Basically, I'm looking for an efficient way (in terms of coding effort) to present a list of pairs of Dicts in a human-readable form. In Python 2.7.
I have two lists of OrderedDict
. Each dict is a record of book data (title, author etc). One list has messy data (typo's etc), the other has tidy data. I'm using difflib.SequenceMatcher
to find the closest match of untidy titles, to tidy ones. That works nicely.
It gives me a list of pairs of dicts, namely each untidy dict to it's closest matching tidy one. Those pairs need to be reviewed, pair by pair, by humans. So I want to output each pair to the screen, showing the untidy and the tidy dict side by side, each in it's own panel.

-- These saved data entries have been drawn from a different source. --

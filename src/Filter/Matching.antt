-- ===== src/Filter/Matching.antt =====
-- src/filter/mod.rs: which pattern a line is matched by.
use rail2ban.Prelude.{
  ℕ, zero, suc, ◌+◌, ◌≡◌, refl, ap, sym, true, false, Option, none, some, List, [], ◌∷◌, ◌++◌, Str,
  arith, length, any, is_some, unwrap_or, map_option, Bool-cases, Option-cases, inl, inr,
}
use rail2ban.Clock.{DateTime}
use rail2ban.Filter.{Engine, CompiledFilter, MatchResult, process_line, first_match, dated, matched}

module _ {R : Type 0} (engine : Engine R) where
  open engine use {is_match, captures}

  -- The pattern at an index is the first of the list that captures something in a text.
  abbrev pub FirstAt : ℕ → List R → Str → Type 0
  FirstAt i rs content =
      (pre : List R) × (r : R) × (post : List R) × (rs ≡ pre ++ r ∷ post)
      × (i ≡ length pre)
      × (any (λ p. is_some (captures p content)) pre ≡ false)
      × (is_some (captures r content) ≡ true)

  first_match-FirstAt :
      (i : ℕ) (rs : List R) (content : Str) (n : ℕ) (group : Str → Option Str)
      → first_match engine i rs content ≡ some (n, group)
      → (k : ℕ) × (n ≡ i + k) × FirstAt k rs content
  unfolding first_match any
  first_match-FirstAt i [] content n group e = absurd (cc e)
  first_match-FirstAt i (r ∷ rs) content n group e = elim (Option-cases (captures r content)) [
    | inl nothing ↦
        let (k, same, (pre, q, post, split, index, before, own)) =
          first_match-FirstAt (suc i) rs content n group (rw (first_match, nothing) at e) in
        (
          suc k,
          omega (arith, same),
          (r ∷ pre, q, post, ap (λ s. r ∷ s) split, omega (arith, index), rw nothing before, own),
        )
    | inr (g, found) ↦
        let same : i ≡ n = cc (rw (first_match, found) at e) in
        (zero, omega (arith, same), ([], r, rs, refl, refl, refl, rw found refl))
  ]

  -- A filter without prefregex reports a line only if no ignoreregex matches it once its date is gone,
  -- and then with the index of the first failregex that captures something in it,
  -- the instant of the date, and the line as it came.
  pub process_line-FirstAt :
      (f : CompiledFilter R) (line : Str) (m : MatchResult)
      → f.prefregex ≡ none
      → process_line engine f line ≡ some m
      → (any (λ r. is_match r (dated engine line (engine.extract_date line)).0) f.ignoreregex
          ≡ false)
        × FirstAt m.regex_index f.failregex (dated engine line (engine.extract_date line)).0
        × (m.timestamp ≡ (dated engine line (engine.extract_date line)).1)
        × (m.line ≡ line)
  unfolding process_line
  process_line-FirstAt f line m bare e =
      elim (Bool-cases (any (λ r. is_match r rest) f.ignoreregex)) [
        | inl dropped ↦ absurd (cc (rw dropped at e))
        | inr passes ↦
            let searched : matched engine line stamp none (first_match engine 0 f.failregex rest)
                ≡ some m =
              rw (passes, bare) at e in
            let (first, stamped, text) =
              found (first_match engine 0 f.failregex rest) refl searched in
            (passes, first, stamped, text)
      ]
    where
      rest : Str
      rest = (dated engine line (engine.extract_date line)).0

      stamp : Option DateTime
      stamp = (dated engine line (engine.extract_date line)).1

      found :
          (o : Option (ℕ × (Str → Option Str)))
          → first_match engine 0 f.failregex rest ≡ o
          → matched engine line stamp none o ≡ some m
          → FirstAt m.regex_index f.failregex rest × (m.timestamp ≡ stamp) × (m.line ≡ line)
      found none search e = absurd (cc e)
      found (some (i, group)) search e =
          let index : i ≡ m.regex_index =
            ap (λ o. unwrap_or (map_option (λ x. x.regex_index) o) 0) e in
          let stamped : stamp ≡ m.timestamp =
            ap (λ o. unwrap_or (map_option (λ x. x.timestamp) o) none) e in
          let text : line ≡ m.line = ap (λ o. unwrap_or (map_option (λ x. x.line) o) []) e in
          let (k, same, first) = first_match-FirstAt 0 f.failregex rest i group search in
          let here : k ≡ m.regex_index = omega (arith, same, index) in
          (rw (sym here) first, sym stamped, sym text)
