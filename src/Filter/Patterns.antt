-- ===== src/Filter/Patterns.antt =====
-- src/filter/tags.rs: patterns as trees of characters and tags, and what they are compiled to.
use rail2ban.Prelude.{
  ℕ, zero, suc, ◌≤◌, ◌≡◌, refl, ap, ◌∙◌, inl, inr, Bool-cases, true, false, ◌==◌, none, some,
  Option-cases, List, [], ◌∷◌, ◌++◌, Str, length, length-append, any, arith, split_once,
  strip_prefix, str_eq, ==_iff,
}
use rail2ban.Prelude.Pieces.{Lacks, any-Lacks}
use rail2ban.Error.{ok}
use rail2ban.Filter.Tags.{
  FTag, host, addr, f_user, f_alt_user, f_nofail, f_mlfid, f_mlfforget, f_mlfgained, f_content,
  CompiledTag, name, tag_named, is_single, slash_name, with_char, find, match_tag, group,
  expand_tag, found, compile_from, compile_tags,
}

-- A tree: characters, a `<` that opens no tag, tags alone and tags around a pattern.
pub data Pattern : Type 0 where
  done : Pattern
  char : ℕ → Pattern → Pattern
  angle : Pattern → Pattern
  single : FTag → Pattern → Pattern
  pair : FTag → Pattern → Pattern → Pattern

-- How it is written.
unfoldable pub print : Pattern → Str
unfolding name
print done = []
print (char c p) = c ∷ print p
print (angle p) = b'<' ∷ print p
print (single t p) = b'<' ∷ name t ++ b'>' ∷ print p
print (pair t q p) = b'<' ∷ name t ++ b'>' ∷ (print q ++ ((b'<' ∷ slash_name t) ++ print p))

-- What it means.
unfoldable pub regex : Pattern → Str
unfolding group
regex done = []
regex (char c p) = c ∷ regex p
regex (angle p) = b'<' ∷ regex p
regex (single t p) = group t ++ regex p
regex (pair t q p) = (group t ++ regex q ++ b')' ∷ []) ++ regex p

-- The tags that stand in no other.
unfoldable pub outer_tags : Pattern → List FTag
outer_tags done = []
outer_tags (char c p) = outer_tags p
outer_tags (angle p) = outer_tags p
outer_tags (single t p) = t ∷ outer_tags p
outer_tags (pair t q p) = t ∷ outer_tags p

-- A `<` is written only by `angle`, where what follows it names no tag but has its `>`, and what a tag
-- encloses does not have the tag's own closing.
unfoldable pub IsValid : Pattern → Type 0
unfolding match_tag find print
IsValid done = Unit {0}
IsValid (char c p) = ((c == b'<') ≡ false) × IsValid p
IsValid (angle p) = (match_tag (print p) ≡ ok none) × IsValid p
IsValid (single t p) = (is_single t ≡ true) × IsValid p
IsValid (pair t q p) =
    (is_single t ≡ false) × (find (b'<' ∷ slash_name t) (print q) ≡ none) × IsValid q × IsValid p

unfoldable pub compiled : Pattern → CompiledTag
unfolding regex outer_tags
compiled p = record { pattern = regex p; tags = outer_tags p }

split_once-name :
    (t : FTag) (r : Str) → split_once (λ c. c == b'>') (name t ++ b'>' ∷ r) ≡ some (name t, r)
unfolding split_once name
split_once-name host r = refl
split_once-name addr r = refl
split_once-name f_user r = refl
split_once-name f_alt_user r = refl
split_once-name f_nofail r = refl
split_once-name f_mlfid r = refl
split_once-name f_mlfforget r = refl
split_once-name f_mlfgained r = refl
split_once-name f_content r = refl

tag_named-name : (t : FTag) → tag_named (name t) ≡ some t
unfolding tag_named name str_eq
tag_named-name host = refl
tag_named-name addr = refl
tag_named-name f_user = refl
tag_named-name f_alt_user = refl
tag_named-name f_nofail = refl
tag_named-name f_mlfid = refl
tag_named-name f_mlfforget = refl
tag_named-name f_mlfgained = refl
tag_named-name f_content = refl

slash_name-any : (t : FTag) → any (λ c. c == b'<') (slash_name t) ≡ false
unfolding name any
slash_name-any host = refl
slash_name-any addr = refl
slash_name-any f_user = refl
slash_name-any f_alt_user = refl
slash_name-any f_nofail = refl
slash_name-any f_mlfid = refl
slash_name-any f_mlfforget = refl
slash_name-any f_mlfgained = refl
slash_name-any f_content = refl

slash_name-Lacks : (t : FTag) → Lacks (λ c. c == b'<') (slash_name t)
slash_name-Lacks t = any-Lacks (λ c. c == b'<') (slash_name t) (slash_name-any t)

strip_prefix-append : (p r : Str) → strip_prefix p (p ++ r) ≡ some r
unfolding strip_prefix
strip_prefix-append [] r = refl
strip_prefix-append (c ∷ p) r = rw ((==_iff c c).1 refl) (strip_prefix-append p r)

-- A text that is not at the start is not there either when it may go on behind a `<`.
strip_prefix-none :
    (p a r : Str)
    → Lacks (λ c. c == b'<') p
    → strip_prefix p a ≡ none
    → strip_prefix p (a ++ b'<' ∷ r) ≡ none
unfolding strip_prefix
strip_prefix-none [] a r l h = absurd (cc h)
strip_prefix-none (c ∷ p) [] r l h = rw l.0 refl
strip_prefix-none (c ∷ p) (x ∷ a) r l h = elim (Bool-cases (c == x)) [
  | inl e ↦ rw e (strip_prefix-none p a r l.1 (let g = rw e at h in g))
  | inr e ↦ rw e refl
]

find-later :
    (p s : Str) (c : ℕ) → strip_prefix p (c ∷ s) ≡ none → find p (c ∷ s) ≡ with_char c (find p s)
unfolding find
find-later p s c e = rw (e, find) refl

find-here : (p s r : Str) (c : ℕ) → strip_prefix p (c ∷ s) ≡ some r → find p (c ∷ s) ≡ some ([], r)
unfolding find
find-here p s r c e = rw (e, find) refl

find-none :
    (p s : Str) (c : ℕ)
    → find p (c ∷ s) ≡ none
    → (strip_prefix p (c ∷ s) ≡ none) × (find p s ≡ none)
find-none p s c h = elim (Option-cases (strip_prefix p (c ∷ s))) [
  | inr (x, e) ↦ absurd (cc (h, find-here p s x c e))
  | inl e ↦ elim (Option-cases (find p s)) [
    | inr (x, g) ↦ absurd (let k = find-later p s c e in let z = rw (k, g) at h in cc z)
    | inl g ↦ (e, g)
  ]
]

strip_prefix-later :
    (p a r : Str) (x : ℕ)
    → Lacks (λ c. c == b'<') p
    → strip_prefix (b'<' ∷ p) (x ∷ a) ≡ none
    → strip_prefix (b'<' ∷ p) (x ∷ a ++ b'<' ∷ r) ≡ none
unfolding strip_prefix
strip_prefix-later p a r x l h = elim (Bool-cases (b'<' == x)) [
  | inl e ↦ rw e (strip_prefix-none p a r l (let g = rw e at h in g))
  | inr e ↦ rw e refl
]

-- The first closing behind a text that has none is the one that follows it.
find-append :
    (p a r : Str)
    → Lacks (λ c. c == b'<') p
    → find (b'<' ∷ p) a ≡ none
    → find (b'<' ∷ p) (a ++ ((b'<' ∷ p) ++ r)) ≡ some (a, r)
find-append p [] r l h = find-here (b'<' ∷ p) (p ++ r) r b'<' (strip_prefix-append (b'<' ∷ p) r)
find-append p (c ∷ a) r l h =
    let (here, later) = find-none (b'<' ∷ p) a c h in
    find-later (b'<' ∷ p) (a ++ ((b'<' ∷ p) ++ r)) c (strip_prefix-later p a (p ++ r) c l here)
    ∙ ap (with_char c) (find-append p a r l later)

match_tag-single :
    (t : FTag) (r : Str)
    → is_single t ≡ true
    → match_tag (name t ++ b'>' ∷ r) ≡ ok (some (t, [], r))
unfolding match_tag
match_tag-single t r h = rw (split_once-name t r, tag_named-name t, h) refl

match_tag-pair :
    (t : FTag) (inner r : Str)
    → is_single t ≡ false
    → find (b'<' ∷ slash_name t) inner ≡ none
    → match_tag (name t ++ b'>' ∷ (inner ++ ((b'<' ∷ slash_name t) ++ r))) ≡ ok (some (t, inner, r))
unfolding match_tag
match_tag-pair t inner r h k =
    rw
      (
        split_once-name t (inner ++ ((b'<' ∷ slash_name t) ++ r)),
        tag_named-name t,
        h,
        find-append (slash_name t) inner r (slash_name-Lacks t) k,
      )
      refl

length-tail : (a r : Str) → length r ≤ length (a ++ r)
length-tail a r = omega (arith, length-append a r)

-- With fuel for its characters a pattern is compiled to what it means.
compile_from-print :
    (p : Pattern) (n : ℕ)
    → IsValid p
    → length (print p) ≤ n
    → compile_from n (print p) ≡ ok (compiled p)
unfolding compile_from found expand_tag print IsValid compiled
compile_from-print done n v l = refl
compile_from-print (char c p) zero v l = absurd (omega arith)
compile_from-print (char c p) (suc n) v l = rw (v.0, compile_from-print p n v.1 (omega arith)) refl
compile_from-print (angle p) zero v l = absurd (omega arith)
compile_from-print (angle p) (suc n) v l = rw (v.0, compile_from-print p n v.1 (omega arith)) refl
compile_from-print (single t p) zero v l = absurd (omega arith)
compile_from-print (single t p) (suc n) v l =
    rw
      (
        match_tag-single t (print p) v.0,
        v.0,
        compile_from-print p n v.1 (omega (arith, length-tail (name t) (b'>' ∷ print p))),
      )
      refl
compile_from-print (pair t q p) zero v l = absurd (omega arith)
compile_from-print (pair t q p) (suc n) v l =
    let closing = (b'<' ∷ slash_name t) ++ print p in
    let outside = length-tail (name t) (b'>' ∷ (print q ++ closing)) in
    let split = length-append (print q) closing in
    let behind = length-tail (b'<' ∷ slash_name t) (print p) in
    rw
      (
        match_tag-pair t (print q) (print p) v.0 v.1,
        v.0,
        compile_from-print q n v.2 (omega (arith, l, outside, split)),
        compile_from-print p n v.3 (omega (arith, l, outside, split, behind)),
      )
      refl

-- A valid pattern, as it is written, is compiled to the regex in which each of its tags, at any depth,
-- is a group of that tag around what it encloses, with the tags that stand in no other in their order.
pub compile_tags-print :
    (p : Pattern)
    → IsValid p
    → compile_tags (print p) ≡ ok (record { pattern = regex p; tags = outer_tags p })
unfolding compile_tags compiled
compile_tags-print p v = compile_from-print p (length (print p)) v (omega arith)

Each dict may have a varying amount of additional fields, eg. co-author, publisher, date, etc.
difflib.HtmlDiff
doesn't really do what I want.
Exporting to Excel (via CSV) is not ideal, because data isn't flat. (One line in excel will have a different number of fields than another). Likewise for Google Refine, I think that's more oriented towards tabular data.
Call me lazy, but Tkinter or XML/HTML seem to be overkill. It's just a once-off exercise.
I'm not familiar at all with JSON nor YAML, maybe I should look there?
Any better suggestions?
I have this hunch that I haven't found the right search terms yet.